◆ TASK TO CARRY OUT ◆
Look below for the line containing "Signed carry the invariant." and the line containing "of a secret."; repeat exactly those two lines and all lines between them, and nothing else.

◆ DATA LISTING ◆
-- ===== src/Lib.antt =====
-- Verification of the Meet Millions Finance back end: the parts that compute money and taxes, move
-- documents, queries, reports and filing periods through their workflow, keep invoices and payments,
-- keep the audit log, decide who may do what, and migrate the database. Each function of the source
-- is a function here under the source's name; a handler is a function from the tables it reads and the
-- validated body to the tables it leaves or an error.
--
-- - Prelude: the library names in use, Boolean tests, lists over the native numbers, integers.
-- - Money (src/utils/money.js): rounding percentages and splitting amounts. Amounts are paise, so
--   natural numbers; a rate is a number of thousandths of a percent, which makes half of 0.25% a whole
--   number. A product is exact here; the source's doubles give the same below 2^53 for rates and
--   quantities that a double holds exactly (whole and quarter percents), and for others, 2.3% say, may
--   round a half down.
-- - Tax (src/services/tax-engine.js): Gst has `isInterState` and `computeGstLine`, Summary has
--   `summariseGst` and `groupByRate`, Rules has `resolveRule`, Tds has `computeTdsLine` and the payment
--   loop, Run has the lines of `runComputation`, `tdsCodeFor` and, in Run/Handler, the whole function.
-- - Store (src/db/tenancy.js): a table is a list of rows with an id; `find` and `update` go by the id.
-- - Workflow (src/services/workflow.js, src/modules/verification.js): Documents has the statuses and
--   the decision on a document, Periods the statuses of filing periods and `refreshFilingPeriod`,
--   Progress the stepper of `buildStageProgress`. Desk puts them on the tables: the routes of
--   verification.js in Desk/Review and Desk/Bulk, those of src/modules/queries.js in Desk/Queries,
--   each with its checklist update and refresh; Desk/Patched is one turn of the bulk loop; Desk/Step, Quiet and Kept carry the invariant.
-- - Reports (src/modules/reports.js, src/modules/approvals.js): generating, submitting and deciding in
--   Routes, the client's sign-off, archiving and the other approvals in SignOff, over the desk's
--   tables; Counted, Steps, Review and Signed carry the invariant.
-- - Auth (src/auth, src/permissions): Sessions has src/auth/session.js, Access has `authorize`, Roles
--   the levels of the roles, Totp the base-32 text of a secret.
-- - Features (src/services/features.js): what a tenant is entitled to; Catalogue is the table of
--   features, Granted what decides on one of them.
-- - Ids (src/utils/id.js): the identifiers.
-- - Migrations (src/db/migration-plan.js, scripts/migrate-runner.mjs): the plan of a run, and the rows
--   of `schema_migrations` that it writes; which files' statements are carried out is an argument.
-- - Billing (src/modules/billing.js, src/modules/webhooks.js): Invoices has the figures of
--   `createInvoice`, Settle has `settlePayment`, Routes the route that verifies a payment and what
--   a payment event does, Routes/Inbox the webhook's inbox in front of it, Routes/Office those that record, refund and void, Ledger the invariant of the
--   books, Subscriptions the tenant's own plan.
-- - Audit (src/services/audit.js): the hash chain, `verifyChain`, the anchors and the purge.
-- - RateLimit (src/services/ratelimit.js): the limiter over its cache and its table, each read as its
--   last write left it.
-- - Examples: the concrete inputs at which the results below apply.
--
-- The parts meet in the tables. A decision changes a document, from which a refresh derives the
-- status of its period; a query holds its document and its period back; a report moves its period on,
-- and archives its documents; a computation counts the lines of verified documents; settling a payment
-- changes the payment, its invoice and the invoice's period. Every loop recurs on a list, so no fuel is
-- chosen but in `digits_from`, where the number itself is enough (`decimal_inj` of Audit/Canonical), and
-- in `drain`, whose turns are as many as its bits.
--
-- Clocks, fresh ids, the answers of payment gateways and validated request bodies are arguments, and
-- SHA-256 is a function that is not looked into. Instants, ids and free texts are numbers where the
-- code only stores or compares them; codes and hashed fields are lists of code points. Queries are read
-- as filters and choices on lists. Each handler runs as one step: interleaved requests are not
-- modelled. Of two routes that meet in a table each is modelled on the rows that it reads and writes.
-- Also not modelled: passwords, the one-time codes themselves, the lists of permissions, the router,
-- notifications, the figures of reports, integrations, database adapters, the browser application and tests.
pub mod Prelude
pub mod Money
pub mod Tax
pub mod Store
pub mod Workflow
pub mod Billing
pub mod Audit
pub mod RateLimit
pub mod Examples
pub mod Reports
pub mod Migrations
pub mod Auth
pub mod Ids
pub mod Features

◆ EXERCISE SOLUTION ◆
--   tables; Counted, Steps, Review and Signed carry the invariant.
-- - Auth (src/auth, src/permissions): Sessions has src/auth/session.js, Access has `authorize`, Roles
--   the levels of the roles, Totp the base-32 text of a secret.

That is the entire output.